» What you need to do
Below this line is the material. Write out only its lines from the one containing "after_run : W" through the one containing "run_with_ticker w (tick", both kept, exactly.

━━━━━ Data for review ━━━━━

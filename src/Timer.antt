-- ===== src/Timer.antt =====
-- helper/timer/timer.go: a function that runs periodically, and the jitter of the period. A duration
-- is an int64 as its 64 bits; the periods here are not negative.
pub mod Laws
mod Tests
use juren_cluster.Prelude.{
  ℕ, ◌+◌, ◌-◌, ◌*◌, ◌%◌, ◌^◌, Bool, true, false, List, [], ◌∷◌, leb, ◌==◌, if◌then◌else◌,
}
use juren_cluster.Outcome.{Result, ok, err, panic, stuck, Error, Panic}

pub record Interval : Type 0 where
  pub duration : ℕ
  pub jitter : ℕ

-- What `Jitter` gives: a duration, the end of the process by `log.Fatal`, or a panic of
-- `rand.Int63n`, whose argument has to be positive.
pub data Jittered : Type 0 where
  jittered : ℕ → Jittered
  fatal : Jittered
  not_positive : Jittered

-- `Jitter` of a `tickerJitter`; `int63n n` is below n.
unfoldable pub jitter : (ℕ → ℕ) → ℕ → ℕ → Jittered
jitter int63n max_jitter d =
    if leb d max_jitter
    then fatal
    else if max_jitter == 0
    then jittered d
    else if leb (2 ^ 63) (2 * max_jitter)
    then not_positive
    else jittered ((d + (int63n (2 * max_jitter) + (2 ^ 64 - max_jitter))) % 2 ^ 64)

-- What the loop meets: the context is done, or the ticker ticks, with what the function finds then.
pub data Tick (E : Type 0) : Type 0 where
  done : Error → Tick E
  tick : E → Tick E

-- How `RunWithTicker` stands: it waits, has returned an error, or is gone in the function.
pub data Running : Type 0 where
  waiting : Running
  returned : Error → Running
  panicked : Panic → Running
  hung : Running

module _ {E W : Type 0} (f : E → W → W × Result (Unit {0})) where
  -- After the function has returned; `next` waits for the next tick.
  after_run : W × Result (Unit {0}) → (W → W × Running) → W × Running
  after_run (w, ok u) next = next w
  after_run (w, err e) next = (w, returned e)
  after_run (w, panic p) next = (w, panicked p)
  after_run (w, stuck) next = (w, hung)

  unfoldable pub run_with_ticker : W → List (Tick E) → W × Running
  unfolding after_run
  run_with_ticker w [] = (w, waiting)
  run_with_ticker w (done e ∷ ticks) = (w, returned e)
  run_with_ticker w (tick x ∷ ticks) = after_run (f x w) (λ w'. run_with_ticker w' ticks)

━━━━━
━━━━━ Data for review ━━━━━

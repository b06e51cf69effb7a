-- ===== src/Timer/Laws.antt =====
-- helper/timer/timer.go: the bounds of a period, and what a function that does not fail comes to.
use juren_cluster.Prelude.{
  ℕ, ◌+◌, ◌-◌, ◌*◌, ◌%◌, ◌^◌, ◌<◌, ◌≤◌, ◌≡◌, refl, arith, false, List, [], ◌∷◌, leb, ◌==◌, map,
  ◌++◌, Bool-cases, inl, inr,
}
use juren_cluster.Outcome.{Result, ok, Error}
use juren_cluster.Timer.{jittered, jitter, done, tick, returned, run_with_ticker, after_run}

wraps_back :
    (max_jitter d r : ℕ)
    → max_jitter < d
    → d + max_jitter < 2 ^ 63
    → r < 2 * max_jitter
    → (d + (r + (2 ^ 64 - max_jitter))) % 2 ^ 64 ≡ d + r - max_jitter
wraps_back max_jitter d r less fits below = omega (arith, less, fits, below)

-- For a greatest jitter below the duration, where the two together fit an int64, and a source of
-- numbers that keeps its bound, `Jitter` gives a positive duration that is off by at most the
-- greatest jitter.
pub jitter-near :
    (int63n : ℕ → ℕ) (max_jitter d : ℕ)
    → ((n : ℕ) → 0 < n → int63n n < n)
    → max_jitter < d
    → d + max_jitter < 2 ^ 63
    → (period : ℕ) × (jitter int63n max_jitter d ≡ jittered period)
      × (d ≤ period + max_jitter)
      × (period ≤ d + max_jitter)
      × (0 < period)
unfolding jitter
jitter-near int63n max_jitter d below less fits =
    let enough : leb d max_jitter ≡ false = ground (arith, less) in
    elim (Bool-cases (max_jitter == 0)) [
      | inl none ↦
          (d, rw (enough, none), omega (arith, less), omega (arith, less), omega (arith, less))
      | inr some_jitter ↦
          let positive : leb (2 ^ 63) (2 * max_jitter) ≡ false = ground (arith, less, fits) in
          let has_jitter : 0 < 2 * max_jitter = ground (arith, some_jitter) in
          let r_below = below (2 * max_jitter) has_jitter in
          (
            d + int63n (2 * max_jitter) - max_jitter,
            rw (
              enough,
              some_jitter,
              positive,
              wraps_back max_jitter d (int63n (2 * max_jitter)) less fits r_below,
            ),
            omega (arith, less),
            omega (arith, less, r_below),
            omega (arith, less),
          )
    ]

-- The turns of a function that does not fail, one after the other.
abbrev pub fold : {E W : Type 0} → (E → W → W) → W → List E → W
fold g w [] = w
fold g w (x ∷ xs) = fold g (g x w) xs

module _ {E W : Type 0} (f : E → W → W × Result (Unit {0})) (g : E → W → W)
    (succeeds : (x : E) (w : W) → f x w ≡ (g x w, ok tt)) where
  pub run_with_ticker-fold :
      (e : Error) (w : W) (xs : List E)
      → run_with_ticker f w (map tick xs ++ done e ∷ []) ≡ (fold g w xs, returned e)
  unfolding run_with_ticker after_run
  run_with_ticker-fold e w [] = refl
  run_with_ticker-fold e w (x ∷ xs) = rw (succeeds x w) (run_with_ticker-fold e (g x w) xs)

━━━━━

» Written reply
  after_run : W × Result (Unit {0}) → (W → W × Running) → W × Running
  after_run (w, ok u) next = next w
  after_run (w, err e) next = (w, returned e)
  after_run (w, panic p) next = (w, panicked p)
  after_run (w, stuck) next = (w, hung)

  unfoldable pub run_with_ticker : W → List (Tick E) → W × Running
  unfolding after_run
  run_with_ticker w [] = (w, waiting)
  run_with_ticker w (done e ∷ ticks) = (w, returned e)
  run_with_ticker w (tick x ∷ ticks) = after_run (f x w) (λ w'. run_with_ticker w' ticks)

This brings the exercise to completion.